HG: Can I have jour number so I can talk to jou?
Beth: No.
HG: Can I talk to jou again?
Beth: No.
HG: I want jour phone number.
Beth: No.
2 minutes later, High Guy decides he wants to stand REALLY inappropriately close to me, and the conversation coninues as he breathes his nasty alcohol breath on my head:
HG: I love jour eyes.
Beth: Yikes.
HG: I love jour eyes.
Beth: Um...thanks?
HG: I love jour eyes.
Beth: Please don't stand so close to me.

November 28, 2004
Bryan said...
Yikes... a hit woman??? (what are your rates??) hehe... stay off crack. don't drink and drive. (oh that's right... there are too many folks up there to drive, and there's not enough room to drive anything bigger than a corn dog through the streets)

5:29 PM


andrea said...
i'd love to see you drive a corn dog thru manhattan

4:42 PM


Anonymous said...
I like this post anonymously! That rocks! I can't believe you quote Bryan....though I love him! I want to see Bryan drive a corn dog through Manhattan. Sweet!


December 10, 2004
I heard Carly Simon on the radio the other day...doing the weather. So sad. So sad.

Katherine said...
Ooo, ooooo.....Was Carly talking about clouds in her coffee?

January 31, 2005
"Beast of Burden"

Bryan said...
Yet another reason as to why I don't live in NY or the Northeast for that matter. God made cars, and God made us to drive em. See, I have spent all day driving my snot green chevy wherever I wanted to go. Think about it. You want Wendy's... you go to wendy's. You want to move some stuff, well, just load it in the back of the trusty pickup. Wow! How do you yankess get along up there? No thanks... I'm staying here in Texas!!

7:35 PM


Anonymous said...
i'm confused....i thought bryan drove a corn dog.....(This is my most favorite comment of all the comments ever posted on my blog, by the way. Anonymous, you rock!)

March 12, 2005
"Update"

March 18, 2005
I just had a conversation with a Bear Rock employee that went like this:

me: Do you have hot tea?
her: Yeah, just the plain ol' black stuff (she retrieves it and shows it to me).
me: How much is it?
her: $1.18
me: OK, I'll take it.
her: Did you want some hot water for that?
me: No thanks, I'll just suck on the bag.
her: (Completely in earnest) Seriously?
me: (Completely in disbelief) No.

March 28, 2005
"Copycat Copycat!"

and the accompanying March 31, 2005
"My Tattoo"

April 6, 2005
"Burnin' all the shoes I've ever owned."
"Hold me closer, Tony Danza!"

And I believe that THIS is the longest blog I've ever posted...or the longest post I've ever blogged.
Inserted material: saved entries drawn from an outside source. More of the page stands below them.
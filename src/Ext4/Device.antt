-- ===== src/Ext4/Device.antt =====
-- The mounted filesystem of kernel/src/fs/ext4/ext4.h, the block device of
-- kernel/src/drivers/block/block.h, and the reading of blocks and inodes in
-- kernel/src/fs/ext4/ext4.c. The device's functions and the kernel's heap act on a state of the type `W`.
-- A buffer that `kmalloc` returns is the local buffer of the function that asked for it. The heap is an
-- interface: its laws are those that the heap of kernel/src/mm/kmalloc.c has while it has room, and theorems
-- name the number of buffers that they need. An inode has 128 bytes; what `ext4_read_inode` writes behind
-- them, if the superblock has a larger `s_inode_size`, changes what stands there: `overrun`, a parameter.
pub mod Count
use freecore.Prelude.{
  ℕ, ◌+◌, ◌-◌, ◌*◌, ◌/◌, ◌%◌, ◌^◌, ◌==◌, ltb, leb, if◌then◌else◌, ℤ, pos, minus_one, is_negative,
}
use freecore.Memory.{Ptr, null, word_mod}
use freecore.Ext4.Layout.{
  Buffer, copy_bytes, group_desc, size_of, s_inode_size, bg_inode_table_lo, bg_inode_table_hi,
}

-- `kmalloc` gives the address and what the memory there holds; `read` fills the buffer that it is given;
-- `overrun` is what becomes of the rest of the memory when more bytes than an inode has are written to one.
pub record Services (W : Type 0) : Type 0 where
  pub kmalloc : ℕ → W → (Ptr × Buffer) × W
  pub kfree : Ptr → W → W
  pub read : Ptr → ℕ → ℕ → Buffer → W → (ℤ × Buffer) × W
  pub write : Ptr → ℕ → ℕ → Buffer → W → ℤ × W
  pub overrun : Buffer → W → W

-- `ext4_fs_t`, with the bytes of the superblock and of the descriptors, but for the fields that no code
-- looks at
pub record Fs : Type 0 where
  pub device : Ptr
  pub sb : Buffer
  pub block_size : ℕ
  pub block_count : ℕ
  pub groups_count : ℕ
  pub inodes_per_group : ℕ
  pub blocks_per_group : ℕ
  pub group_desc_table : Ptr
  pub descriptors : Buffer
  pub root_node : Ptr

-- One more than the largest `uint32_t`.
abbrev pub u32_mod : ℕ
u32_mod = 2 ^ 32

-- `lo | ((uint64_t)hi << 32)`
abbrev pub join : ℕ → ℕ → ℕ
join lo hi = lo + u32_mod * hi

-- `&fs->group_desc_table[group]`, as a place in the table
abbrev pub gdesc : ℕ → ℕ
gdesc group = group * size_of group_desc

abbrev inode_table_block : Fs → ℕ → ℕ
inode_table_block fs group =
    join (bg_inode_table_lo fs.descriptors (gdesc group))
      (bg_inode_table_hi fs.descriptors (gdesc group))

-- `index * fs->sb.s_inode_size`
abbrev inode_place : Fs → ℕ → ℕ
inode_place fs n = (n - 1) % fs.inodes_per_group * s_inode_size fs.sb % u32_mod

-- `sizeof(ext4_inode_t)`
abbrev inode_bytes : ℕ
inode_bytes = 128

module _ {W : Type 0} (services : Services W) where
  -- The state after `memcpy` to an inode.
  abbrev overwritten : Fs → Buffer → W → W
  overwritten fs inode w =
      if ltb inode_bytes (s_inode_size fs.sb) then services.overrun inode w else w

  unfoldable pub ext4_read_block : Fs → ℕ → Buffer → W → (ℤ × Buffer) × W
  ext4_read_block fs block_num buffer w =
      if fs.device == null
      then ((minus_one, buffer), w)
      else services.read fs.device (block_num * fs.block_size % word_mod) fs.block_size buffer w

  -- What follows the reading of the block: the copy of the inode, and the release of the buffer.
  abbrev inode_copied : Fs → ℕ → Buffer → Ptr → (ℤ × Buffer) × W → (ℤ × Buffer) × W
  inode_copied fs n inode p ((result, block_buffer), w) =
      let copied =
        copy_bytes inode 0 block_buffer (inode_place fs n % fs.block_size) (s_inode_size fs.sb) in
      if is_negative result
      then ((result, inode), services.kfree p w)
      else ((pos 0, copied), services.kfree p (overwritten fs copied w))

  abbrev inode_buffered : Fs → ℕ → Buffer → (Ptr × Buffer) × W → (ℤ × Buffer) × W
  inode_buffered fs n inode ((p, block_buffer), w) =
      let group = (n - 1) / fs.inodes_per_group in
      let inode_block =
        (inode_table_block fs group + inode_place fs n / fs.block_size) % word_mod in
      if p == null
      then ((minus_one, inode), w)
      else inode_copied fs n inode p (ext4_read_block fs inode_block block_buffer w)

  unfoldable pub ext4_read_inode : Fs → ℕ → Buffer → W → (ℤ × Buffer) × W
  unfolding ext4_read_block copy_bytes
  ext4_read_inode fs inode_num inode w =
      if inode_num == 0
      then ((minus_one, inode), w)
      else if leb fs.groups_count ((inode_num - 1) / fs.inodes_per_group)
      then ((minus_one, inode), w)
      else inode_buffered fs inode_num inode (services.kmalloc fs.block_size w)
I shall conclude with an entertaining sight I saw in Target the other day. You know how the sale stuff is all up at the front so you'll see it when you fist come in? Well, there were these little flower pot thingies, and on the description/price tag located on the shelf below them, the description said, "GROW POT." Target!! For shame!!

Thank you thank you, one and all, for reading so faithfully and making me feel worthwhile as a writer.